Records for this exercise:
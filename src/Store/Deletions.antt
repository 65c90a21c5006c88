-- ===== src/Store/Deletions.antt =====
-- Deletions of messages with the cascades of the schema (internal/store/migrations), and the
-- batches of DeleteMessagesByUID in internal/store/messages_delta.go.
use nexus_mail.Base.{
  ℕ, zero, suc, ◌≤◌, Bool, true, false, not, ◌||◌, List, [], ◌∷◌, ◌++◌, ◌≡◌, refl, ap, sym, ◌∙◌,
  map, length, ◌==◌, ◌&&◌, take, drop, take-append-drop, length-drop, filter, arith,
}
use nexus_mail.Model.{Message}
use nexus_mail.Store.{Db, is_in, delete_messages}
use nexus_mail.Store.Messages.{in_folder}
use nexus_mail.Store.Delta.{is_named, delete_batch_size, delete_batches, delete_messages_by_uid}

filter-filter {ℓ} :
    {A : Type ℓ} (p q : A → Bool) (xs : List A)
    → filter (λ x. not (q x)) (filter (λ x. not (p x)) xs) ≡ filter (λ x. not (p x || q x)) xs
filter-filter p q [] = refl
filter-filter p q (x ∷ xs) = ground (arith, filter-filter p q xs)

filter-everything {ℓ} : {A : Type ℓ} (xs : List A) → filter (λ x. true) xs ≡ xs
filter-everything [] = refl
filter-everything (x ∷ xs) = ap (◌∷◌ x) (filter-everything xs)

-- The ids of the messages that a deletion takes.
abbrev gone : (Message → Bool) → List Message → List ℕ
gone p ms = map (λ m. m.id) (filter p ms)

is_in-gone :
    (p q : Message → Bool) (ms : List Message) (x : ℕ)
    → is_in (gone p ms) x || is_in (gone q (filter (λ m. not (p m)) ms)) x
      ≡ is_in (gone (λ m. p m || q m) ms) x
unfolding is_in
is_in-gone p q [] x = refl
is_in-gone p q (m ∷ ms) x = ground (arith, is_in-gone p q ms x)

-- Two deletions are one, of what either names.
pub delete_messages-twice :
    (p q : Message → Bool) (db : Db)
    → delete_messages q (delete_messages p db) ≡ delete_messages (λ m. p m || q m) db
unfolding delete_messages
delete_messages-twice p q db =
    let first = gone p db.messages in
    let second = gone q (filter (λ m. not (p m)) db.messages) in
    λ i. record db {
      messages = filter-filter p q db.messages i;
      bodies =
          (filter-filter (λ b. is_in first b.message_id) (λ b. is_in second b.message_id) db.bodies
              ∙ ap (λ (f : ℕ → Bool). filter (λ b. not (f b.message_id)) db.bodies)
                  (λ j x. is_in-gone p q db.messages x j))
            i;
      attachments =
          (filter-filter (λ b. is_in first b.message_id) (λ b. is_in second b.message_id)
                db.attachments
              ∙ ap (λ (f : ℕ → Bool). filter (λ b. not (f b.message_id)) db.attachments)
                  (λ j x. is_in-gone p q db.messages x j))
            i;
    }

gone-none : (ms : List Message) → gone (λ m. false) ms ≡ []
gone-none [] = refl
gone-none (m ∷ ms) = gone-none ms

pub delete_messages-none : (db : Db) → delete_messages (λ m. false) db ≡ db
unfolding delete_messages is_in
delete_messages-none db = λ i. record db {
  messages = filter-everything db.messages i;
  bodies =
      (ap (λ ids. filter (λ b. not (is_in ids b.message_id)) db.bodies) (gone-none db.messages)
          ∙ filter-everything db.bodies)
        i;
  attachments =
      (ap (λ ids. filter (λ b. not (is_in ids b.message_id)) db.attachments) (gone-none db.messages)
          ∙ filter-everything db.attachments)
        i;
}

is_in-append : (xs ys : List ℕ) (x : ℕ) → is_in (xs ++ ys) x ≡ is_in xs x || is_in ys x
unfolding is_in
is_in-append [] ys x = refl
is_in-append (y ∷ xs) ys x = ground (arith, is_in-append xs ys x)

is_named-append :
    (folder_id : ℕ) (xs ys : List ℕ) (m : Message)
    → is_named folder_id xs m || is_named folder_id ys m ≡ is_named folder_id (xs ++ ys) m
unfolding is_named
is_named-append folder_id xs ys m = ground (arith, is_in-append xs ys m.uid)

is_named-none : (folder_id : ℕ) (m : Message) → is_named folder_id [] m ≡ false
unfolding is_named is_in
is_named-none folder_id m = ground arith

delete_batches-nil : (fuel folder_id : ℕ) (db : Db) → delete_batches fuel folder_id [] db ≡ db
unfolding delete_batches
delete_batches-nil zero folder_id db = refl
delete_batches-nil (suc fuel) folder_id db = refl

batches-one :
    (fuel folder_id : ℕ) (uids : List ℕ) (db : Db)
    → length uids ≤ fuel
    → delete_batches fuel folder_id uids db ≡ delete_messages (is_named folder_id uids) db
unfolding delete_batches
batches-one fuel folder_id [] db h =
    delete_batches-nil fuel folder_id db
    ∙ sym (delete_messages-none db)
    ∙ ap (λ p. delete_messages p db) (λ i m. sym (is_named-none folder_id m) i)
batches-one zero folder_id (x ∷ uids) db h = ground arith
batches-one (suc fuel) folder_id (x ∷ uids) db h =
    let left = drop delete_batch_size (x ∷ uids) in
    let batch = take delete_batch_size (x ∷ uids) in
    batches-one fuel folder_id left (delete_messages (is_named folder_id batch) db)
      (omega (arith, length-drop delete_batch_size (x ∷ uids)))
    ∙ delete_messages-twice (is_named folder_id batch) (is_named folder_id left) db
    ∙ ap (λ p. delete_messages p db) (λ i m. is_named-append folder_id batch left m i)
    ∙ ap (λ us. delete_messages (is_named folder_id us) db)
        (take-append-drop delete_batch_size (x ∷ uids))

-- However many batches it takes, deleting by UID is one deletion of the folder's messages whose
-- UIDs are named: no other message goes, and the loop runs to its end.
pub delete_messages_by_uid-one :
    (folder_id : ℕ) (uids : List ℕ) (db : Db)
    → delete_messages_by_uid folder_id uids db ≡ delete_messages (is_named folder_id uids) db
unfolding delete_messages_by_uid
delete_messages_by_uid-one folder_id uids db =
    batches-one (length uids) folder_id uids db (omega arith)

in_folder-rows :
    (folder_id : ℕ) (doomed : List ℕ) (ms : List Message)
    → filter
        (λ m. m.folder_id == folder_id)
        (filter (λ m. not (m.folder_id == folder_id && is_in doomed m.uid)) ms)
      ≡ filter (λ m. not (is_in doomed m.uid)) (filter (λ m. m.folder_id == folder_id) ms)
in_folder-rows folder_id doomed [] = refl
in_folder-rows folder_id doomed (m ∷ ms) = ground (arith, in_folder-rows folder_id doomed ms)

-- A deletion by UID in a folder, seen from the folder and from the others.
pub in_folder-delete :
    (folder_id : ℕ) (doomed : List ℕ) (db : Db)
    → in_folder folder_id (delete_messages_by_uid folder_id doomed db)
      ≡ filter (λ m. not (is_in doomed m.uid)) (in_folder folder_id db)
unfolding in_folder delete_messages is_named
in_folder-delete folder_id doomed db =
    ap (in_folder folder_id) (delete_messages_by_uid-one folder_id doomed db)
    ∙ in_folder-rows folder_id doomed db.messages

others-delete :
    (folder_id : ℕ) (doomed : List ℕ) (ms : List Message)
    → filter
        (λ m. not (m.folder_id == folder_id))
        (filter (λ m. not (is_named folder_id doomed m)) ms)
      ≡ filter (λ m. not (m.folder_id == folder_id)) ms
unfolding is_named
others-delete folder_id doomed [] = refl
others-delete folder_id doomed (m ∷ ms) = ground (arith, others-delete folder_id doomed ms)

pub delete-others :
    (folder_id : ℕ) (doomed : List ℕ) (db : Db)
    → filter
        (λ m. not (m.folder_id == folder_id))
        (delete_messages_by_uid folder_id doomed db).messages
      ≡ filter (λ m. not (m.folder_id == folder_id)) db.messages
unfolding delete_messages
delete-others folder_id doomed db =
    ap (λ d. filter (λ m. not (m.folder_id == folder_id)) d.messages)
      (delete_messages_by_uid-one folder_id doomed db)
    ∙ others-delete folder_id doomed db.messages
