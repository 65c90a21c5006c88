-- ===== src/Store/Operations/Claims.antt =====
-- ClaimOperations of internal/store/operations.go: which rows a claim reads, and in which order.
use nexus_mail.Base.{
  ℕ, ◌≤◌, true, false, ◌≡◌, ◌⊎◌, refl, length, filter, arith, In, All, All-take, All-map,
  All-filter_self, In-filter, length-take,
}
use nexus_mail.Base.Sorting.{sort, Sorted, Sorted-take, All-sort, In-sort, In-take, Sorted-sort}
use nexus_mail.Model.{OperationState, state_eq, pending, done, failed, dropped}
use nexus_mail.Store.{Db, OperationRow}
use nexus_mail.Store.Operations.{is_claimable, queued_before, claimed_rows}

-- What the query of a claim asks of a row.
abbrev pub Claimable : ℕ → ℕ → OperationRow → Type 0
Claimable account_id now r =
    (r.account_id ≡ account_id) × (r.state ≡ pending) × (r.next_attempt_at ≤ now)

pub state_eq-pending : (s : OperationState) → state_eq s pending ≡ true → s ≡ pending
unfolding state_eq
state_eq-pending pending h = refl
state_eq-pending done h = ground arith
state_eq-pending failed h = ground arith
state_eq-pending dropped h = ground arith

is_claimable-Claimable :
    (account_id now : ℕ) (r : OperationRow)
    → is_claimable account_id now r ≡ true
    → Claimable account_id now r
unfolding is_claimable
is_claimable-Claimable account_id now r h = ground (arith, state_eq-pending r.state)

queued_before_total : (a b : OperationRow) → queued_before a b ≡ false → queued_before b a ≡ true
unfolding queued_before
queued_before_total a b h = ground arith

queued_before_trans :
    (a b c : OperationRow)
    → queued_before a b ≡ true
    → queued_before b c ≡ true
    → queued_before a c ≡ true
unfolding queued_before
queued_before_trans a b c h k = ground arith

Claimable-is_claimable :
    (account_id now : ℕ) (r : OperationRow)
    → Claimable account_id now r
    → is_claimable account_id now r ≡ true
unfolding is_claimable state_eq
Claimable-is_claimable account_id now r (a, s, d) = rw s (ground (arith, a, d))

-- The rows of a claim are all pending, due and of the account; they are at most `limit`, the oldest
-- first and by id among rows of one time; and a row of the table that the query asks for is either
-- among them or stands behind a full batch of them.
pub claimed_rows-IsOldest :
    (now account_id limit : ℕ) (db : Db)
    → All (Claimable account_id now) (claimed_rows now account_id limit db)
      × Sorted queued_before (claimed_rows now account_id limit db)
      × (length (claimed_rows now account_id limit db) ≤ limit)
      × ((r : OperationRow)
          → In r db.operations
          → Claimable account_id now r
          → In r (claimed_rows now account_id limit db)
            ⊎ ((length (claimed_rows now account_id limit db) ≡ limit)
                × All (λ c. queued_before c r ≡ true) (claimed_rows now account_id limit db)))
unfolding claimed_rows
claimed_rows-IsOldest now account_id limit db =
    let p = is_claimable account_id now in
    let rows = filter p db.operations in
    let sorted = Sorted-sort queued_before queued_before_total queued_before_trans rows in
    (
      All-take (Claimable account_id now) limit (sort queued_before rows) (
          All-sort queued_before (Claimable account_id now) rows (
            All-map (λ r. p r ≡ true) (Claimable account_id now) rows
              (is_claimable-Claimable account_id now) (All-filter_self p db.operations))),
      Sorted-take queued_before limit (sort queued_before rows) sorted,
      omega (arith, length-take limit (sort queued_before rows)),
      λ r m c. In-take queued_before limit (sort queued_before rows) r sorted (
          In-sort queued_before rows r
            (In-filter p db.operations r m (Claimable-is_claimable account_id now r c))),
    )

Work order:
Everything in the material above from the line that has "let first = gone p db.messages in" through the line that has "gone-none (m ∷ ms) = gone-none ms" must be duplicated exactly, with no other lines given.

Response to the exercise:
    let first = gone p db.messages in
    let second = gone q (filter (λ m. not (p m)) db.messages) in
    λ i. record db {
      messages = filter-filter p q db.messages i;
      bodies =
          (filter-filter (λ b. is_in first b.message_id) (λ b. is_in second b.message_id) db.bodies
              ∙ ap (λ (f : ℕ → Bool). filter (λ b. not (f b.message_id)) db.bodies)
                  (λ j x. is_in-gone p q db.messages x j))
            i;
      attachments =
          (filter-filter (λ b. is_in first b.message_id) (λ b. is_in second b.message_id)
                db.attachments
              ∙ ap (λ (f : ℕ → Bool). filter (λ b. not (f b.message_id)) db.attachments)
                  (λ j x. is_in-gone p q db.messages x j))
            i;
    }

gone-none : (ms : List Message) → gone (λ m. false) ms ≡ []
gone-none [] = refl
gone-none (m ∷ ms) = gone-none ms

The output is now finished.